- Release poster
- Directed by: Brandon Espy
- Screenplay by: Brandon Espy; Carl Reid;
- Based on: Mr. Crocket by Brandon Epsy
- Produced by: David Brooks; Jenna Cavelle; Josh Feldman; Jesse Ford; Sean King O'Grady; Arbi Pedrossian; Carl Reid;
- Starring: Elvis Nolasco; Jerrika Hinton; Ayden Gavin; Kristolyn Lloyd; Alex Alomar Akpobome;
- Cinematography: Powell Robinson
- Edited by: Alex Familian
- Music by: Alex Winkler
- Production companies: Hulu Originals; WorthenBrooks;
- Distributed by: Hulu (United States); Disney+ (international);
- Release date: October 11, 2024;
- Running time: 88 minutes
- Country: United States
- Language: English

= Mr. Crocket =

2024 film by Brandon Espy

Mr. Crocket is a 2024 American supernatural horror film directed by Brandon Espy in his feature directorial debut from a screenplay he co-wrote with Carl Reid. Based on Espy's 2022 short film of the same name, the film stars Elvis Nolasco as the title character, with Jerrika Hinton, Ayden Gavin, Kristolyn Lloyd, and Alex Akpobome in supporting roles. It follows a mother who embarks on a quest to rescue her son from a demonic children's television series host who is kidnapping children.

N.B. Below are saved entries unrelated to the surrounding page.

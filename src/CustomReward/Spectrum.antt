-- ===== src/CustomReward/Spectrum.antt =====
-- contracts/cavern_aAsset_spectrum_reward/src/lib.rs: the bonded tokens of Spectrum are unbonded,
-- and the liquidity is withdrawn from the pair.
use cavern_lsd_wrapper.Base.{
  String, Option, List, [], ◌∷◌, ◌==◌, nat_eq, if◌then◌else◌, ok, StdResult, ◌>>=◌,
}
use cavern_lsd_wrapper.Std.{Addr, CosmosMsg, wasm_execute, Env}
use cavern_lsd_wrapper.Basset.External
use cavern_lsd_wrapper.Basset.Payload.{
  cw20_send, spectrum_execute, spectrum_query, pair_query, withdraw_liquidity,
}
use cavern_lsd_wrapper.Host.{Host}
use cavern_lsd_wrapper.CustomReward.Trait.{ExecuteWithSwapReply}
use cavern_lsd_wrapper.CustomReward.Store.{read_retrieve_config}

pub record RetrieveConfigRaw : Type 0 where
  pub spectrum_token : String
  pub pair : String

pub record RetrieveConfig : Type 0 where
  pub spectrum_token : Addr
  pub pair : Addr

unfoldable pub get_retrieve_messages :
    Host → Option RetrieveConfig → Env → StdResult (List CosmosMsg)
get_retrieve_messages h stored env = do
  config ← read_retrieve_config stored
  info_query ← h.to_binary (spectrum_query (External.SpectrumQueryMsg.reward_info env.contract))
  lp_amount ← h.smart_reward_info config.spectrum_token info_query
  if lp_amount.reward_info.bond_share == 0
      then ok []
      else (h.to_binary pair_query >>= λ pair_info_query.
          h.smart_liquidity_token config.pair pair_info_query >>= λ liquidity_token.
          h.to_binary (
            spectrum_execute (External.SpectrumExecuteMsg.unbond lp_amount.reward_info.bond_amount))
          >>= λ unbond. h.to_binary withdraw_liquidity >>= λ withdraw.
              h.to_binary (cw20_send config.pair lp_amount.reward_info.bond_amount withdraw)
              >>= λ send. ok (
                  wasm_execute config.spectrum_token unbond []
                  ∷ wasm_execute liquidity_token send []
                  ∷ []))

unfoldable pub validate_retrieve_config : Host → RetrieveConfigRaw → StdResult RetrieveConfig
validate_retrieve_config h config = do
  pair ← h.addr_validate config.pair
  spectrum_token ← h.addr_validate config.spectrum_token
  ok (record { spectrum_token = spectrum_token; pair = pair })

abbrev pub spectrum_retrieve : ExecuteWithSwapReply RetrieveConfigRaw RetrieveConfig
spectrum_retrieve = record {
  get_retrieve_messages = get_retrieve_messages;
  validate_retrieve_config = validate_retrieve_config;
}
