-- ===== src/Contracts/SpectrumReward.antt =====
-- contracts/cavern_aAsset_spectrum_reward/src/lib.rs: the reward contract over Spectrum.
use cavern_lsd_wrapper.Base.{ℕ, StdResult}
use cavern_lsd_wrapper.Std.{Binary, Env, MessageInfo, Response}
use cavern_lsd_wrapper.Basset.Reward.{ExecuteMsg, QueryMsg}
use cavern_lsd_wrapper.Host.{Host}
use cavern_lsd_wrapper.CustomReward.Trait.{InstantiateMsg}
use cavern_lsd_wrapper.CustomReward.Store.{Store}
use cavern_lsd_wrapper.CustomReward.Contract
use cavern_lsd_wrapper.CustomReward.Spectrum.{RetrieveConfigRaw, RetrieveConfig, spectrum_retrieve}

module _ (h : Host) where
  unfoldable pub instantiate :
      Store RetrieveConfig
      → Env
      → MessageInfo
      → InstantiateMsg RetrieveConfigRaw
      → StdResult (Store RetrieveConfig × Response)
  unfolding Contract.instantiate
  instantiate s env info msg = Contract.instantiate h spectrum_retrieve s env info msg

  unfoldable pub execute :
      Store RetrieveConfig
      → Env
      → MessageInfo
      → ExecuteMsg
      → StdResult (Store RetrieveConfig × Response)
  unfolding Contract.execute
  execute s env info msg = Contract.execute h spectrum_retrieve s env info msg

  unfoldable pub query : Store RetrieveConfig → Env → QueryMsg → StdResult Binary
  unfolding Contract.query
  query s env msg = Contract.query h s env msg

  -- The callback, by the number in its message.
  unfoldable pub reply :
      Store RetrieveConfig → Env → ℕ → StdResult (Store RetrieveConfig × Response)
  unfolding Contract.reply
  reply s env id = Contract.reply h spectrum_retrieve s env id
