-- ===== src/Demo/Token.antt =====
-- The random token that swimprotocol/demo/changes.py gives to the local member.
use swim_protocol.Prelude.{
  ℕ, ◌≡◌, ◌∙◌, refl, sym, ap, subst, Text, Bytes, text_discrete, List, [], ◌∷◌, Option, some, ite,
}
use swim_protocol.Result.{Result, ok, raise, assertion_error, and_then}
use swim_protocol.Packet.{Metadata}
use swim_protocol.Member.Items.{IsKeyed, metadata_of_told}
use swim_protocol.Address.{Integer}
use swim_protocol.Config.Defs.{Environment, for_members}
use swim_protocol.Config.Sources.{nothing}
use swim_protocol.Udp.Config.Defs.{Network, UdpConfig, UdpNamespace, udp_from_args}
use swim_protocol.Members.{Members, Config}
use swim_protocol.Members
use swim_protocol.Demo.Defs.{token_key, asserted, randomize, randomize_local, update_item}
use swim_protocol.Demo.Items.{IsShown, entry, IsEntered, update_item-IsEntered}
use swim_protocol.Demo.Fresh.{init-IsShown}
use swim_protocol.Demo.Configured.{udp_from_args_empty}

-- The entry "token" after some rounds.
abbrev pub entry_token : Text → List (Bytes × ℕ) → Option Bytes → Option Bytes
entry_token k [] before = before
entry_token k ((token, now) ∷ rounds) before =
    entry_token k rounds (ite (text_discrete token_key k) (some token) before)

abbrev pub IsRandomized : List (Bytes × ℕ) → Members → Result (Unit {0}) × Members → Type 0
IsRandomized rounds s r =
    (r.0 ≡ ok tt) × IsShown r.1 × ((k : Text) → entry k r.1 ≡ entry_token k rounds (entry k s))

then-IsRandomized :
    (token : Bytes) (now : ℕ) (rounds : List (Bytes × ℕ)) (s : Members)
    (q : Result (Unit {0}) × Members)
    → IsEntered token_key token s q
    → ((s1 : Members) → IsShown s1 → IsRandomized rounds s1 (randomize rounds s1))
    → IsRandomized ((token, now) ∷ rounds) s (and_then q λ _ s1. randomize rounds s1)
then-IsRandomized token now rounds s (raise e, s1) (fine, shown, same) rest = cc fine
then-IsRandomized token now rounds s (ok u, s1) (fine, shown, same) rest =
    let (fine2, shown2, same2) = rest s1 shown in
    (fine2, shown2, λ k. same2 k ∙ ap (entry_token k rounds) (same k))

randomize-IsRandomized :
    (rounds : List (Bytes × ℕ)) (s : Members)
    → IsShown s
    → IsRandomized rounds s (randomize rounds s)
unfolding randomize
randomize-IsRandomized [] s v = (refl, v, λ k. refl)
randomize-IsRandomized ((token, now) ∷ rounds) s v =
    then-IsRandomized token now rounds s (update_item token_key token now s)
      (update_item-IsEntered token_key token now s v) (randomize-IsRandomized rounds)

at_local :
    (rounds : List (Bytes × ℕ)) (s : Members) (v : IsShown s)
    → randomize_local rounds s
      ≡ and_then (asserted v.local.metadata, s) (λ _ s1. randomize rounds s1)
unfolding randomize_local
at_local rounds s v =
    rw (v.there, randomize_local)
      (ap (λ d. and_then (asserted d, s) (λ _ s1. randomize rounds s1))
        (metadata_of_told v.local v.told))

-- On a registry whose local member has told metadata that are not empty, every round sets the entry
-- "token" to its random bytes and keeps the others, and none raises.
pub randomize_local-IsRandomized :
    (rounds : List (Bytes × ℕ)) (s : Members) (v : IsShown s) (e : Text × Bytes) (d : Metadata)
    → v.local.metadata ≡ e ∷ d
    → IsRandomized rounds s (randomize_local rounds s)
randomize_local-IsRandomized rounds s v e d some_there =
    subst (IsRandomized rounds s)
      (sym (
        at_local rounds s v
        ∙ ap (λ d. and_then (asserted d, s) (λ _ s1. randomize rounds s1)) some_there))
      (randomize-IsRandomized rounds s v)

randomize_local_empty :
    (rounds : List (Bytes × ℕ)) (s : Members) (v : IsShown s)
    → v.local.metadata ≡ []
    → randomize_local rounds s ≡ (raise assertion_error, s)
randomize_local_empty rounds s v empty =
    at_local rounds s v ∙ ap (λ d. and_then (asserted d, s) (λ _ s1. randomize rounds s1)) empty

-- A configuration from the arguments of the demo has no metadata; on a new registry with it
-- `_randomize_local` raises AssertionError at once and changes nothing.
pub udp_from_args-randomize_local :
    (z : Integer) (net : Network z) (os : Environment) (args : UdpNamespace z) (c : UdpConfig z)
    (random : Text → Bytes) (now : ℕ) (rounds : List (Bytes × ℕ))
    → udp_from_args z net os args nothing ≡ ok c
    → randomize_local rounds (Members.init (for_members c.base) random now).1
      ≡ (raise assertion_error, (Members.init (for_members c.base) random now).1)
udp_from_args-randomize_local z net os args c random now rounds made =
    let config = for_members c.base in
    let empty : config.local_metadata ≡ [] = udp_from_args_empty z net os args c made in
    let (v, same) = init-IsShown config random now (subst IsKeyed (sym empty) tt) in
    randomize_local_empty rounds (Members.init config random now).1 v (same ∙ empty)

The film was first announced in July 2024 as a full-length version of Epsy's original short that he directed for Hulu's Bite Size Halloween series. Nolasco and Hinton were attached to star in the film, with Nolasco also acting as associate producer.

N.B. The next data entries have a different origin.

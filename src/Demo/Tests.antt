-- ===== src/Demo/Tests.antt =====
-- Keys that are typed, and the demo without metadata.
use swim_protocol.Prelude.{ℕ, ◌≡◌, refl, false, Bytes, List, [], ◌∷◌, none, some, arith}
use swim_protocol.Result.{ok, raise, assertion_error, os_error}
use swim_protocol.Address.Samples.{numbers}
use swim_protocol.Config.Defs.{
  Environment, Namespace, for_members, parse_args, get_env, get_env_list, merge,
}
use swim_protocol.Config.Defs
use swim_protocol.Config.Sources.{nothing}
use swim_protocol.Udp.Config.Defs.{UdpConfig, UdpNamespace, udp_parse_args, udp_init, udp_from_args}
use swim_protocol.Udp.Config.Samples.{net}
use swim_protocol.Members.{Members, Config}
use swim_protocol.Members
use swim_protocol.Demo.Defs.{ℤ, pos, negsuc, Screen, presses, randomize_local}
use swim_protocol.Demo.Typed.{IsTyped, presses-IsTyped}
use swim_protocol.Demo.Fresh.{init-IsShown}
use swim_protocol.Demo.Token.{
  IsRandomized, randomize_local-IsRandomized, udp_from_args-randomize_local,
}

-- The member `1` with the metadata `5: 6`.
abbrev config : Config
config = record { local_name = 1 ∷ []; peers = []; local_metadata = (5 ∷ [], 6 ∷ []) ∷ [] }

abbrev registry : Members
registry = (Members.init config (λ name. name) 5).1

abbrev screen : Screen
screen = record { members = registry; typed = [] }

-- `a`, no key, a line end and `b`.
abbrev keys : List (ℤ × ℕ)
keys = (pos 97, 6) ∷ (negsuc 0, 7) ∷ (pos 10, 8) ∷ (pos 98, 9) ∷ []

presses-IsTyped_example : IsTyped (97 ∷ 98 ∷ []) screen (presses keys screen)
presses-IsTyped_example =
    presses-IsTyped keys screen (omega arith) (init-IsShown config (λ name. name) 5 (refl, tt)).0

abbrev rounds : List (Bytes × ℕ)
rounds = (1 ∷ 2 ∷ [], 6) ∷ (3 ∷ 4 ∷ [], 7) ∷ []

randomize_local-IsRandomized_example :
    IsRandomized rounds registry (randomize_local rounds registry)
randomize_local-IsRandomized_example =
    randomize_local-IsRandomized rounds registry (init-IsShown config (λ name. name) 5 (refl, tt)).0
      (5 ∷ [], 6 ∷ []) [] (init-IsShown config (λ name. name) 5 (refl, tt)).1

-- The arguments `--name 1 --peer 2`.
abbrev args : UdpNamespace numbers
args = record {
  swim_udp_bind = none;
  swim_udp_bind_port = none;
  swim_udp_host = none;
  swim_udp_port = none;
  swim_udp_discovery = false;
  base = record { swim_secret = none; swim_name = some (49 ∷ []); swim_peers = (50 ∷ []) ∷ [] };
}

abbrev os : Environment
os = record { getenv = λ v. none; expanduser = λ file. ok file; read = λ path. raise os_error }

made : (c : UdpConfig numbers) × (udp_from_args numbers net os args nothing ≡ ok c)
unfolding udp_from_args udp_parse_args udp_init parse_args get_env get_env_list merge Defs.init
    Defs.validate
made = (_, refl)

udp_from_args-randomize_local_example :
    randomize_local rounds (Members.init (for_members made.0.base) (λ name. name) 5).1
    ≡ (raise assertion_error, (Members.init (for_members made.0.base) (λ name. name) 5).1)
udp_from_args-randomize_local_example =
    udp_from_args-randomize_local numbers net os args made.0 (λ name. name) 5 rounds made.1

Mr. Crocket premiered at Fantastic Fest on September 26, 2024, and was released by WorthenBrooks as a Hulu original film in the United States and on Disney+ internationally on October 11. It received mixed-to-positive reviews from critics.

== Plot ==
In 1993, young Darren Harper becomes obsessed with Mr. Crocket's World, a children's television series hosted by the titular Mr. Crocket and his puppets Boogaloo Blue and Squawky Bird. The show's VHS tape was in a free library outside his home. During dinner, Darren's stepfather Kevin verbally abuses him until Mr. Crocket emerges from the television. He kills Kevin and disappears with Darren, leaving his mother, Rhonda, horrified by the gruesome scene.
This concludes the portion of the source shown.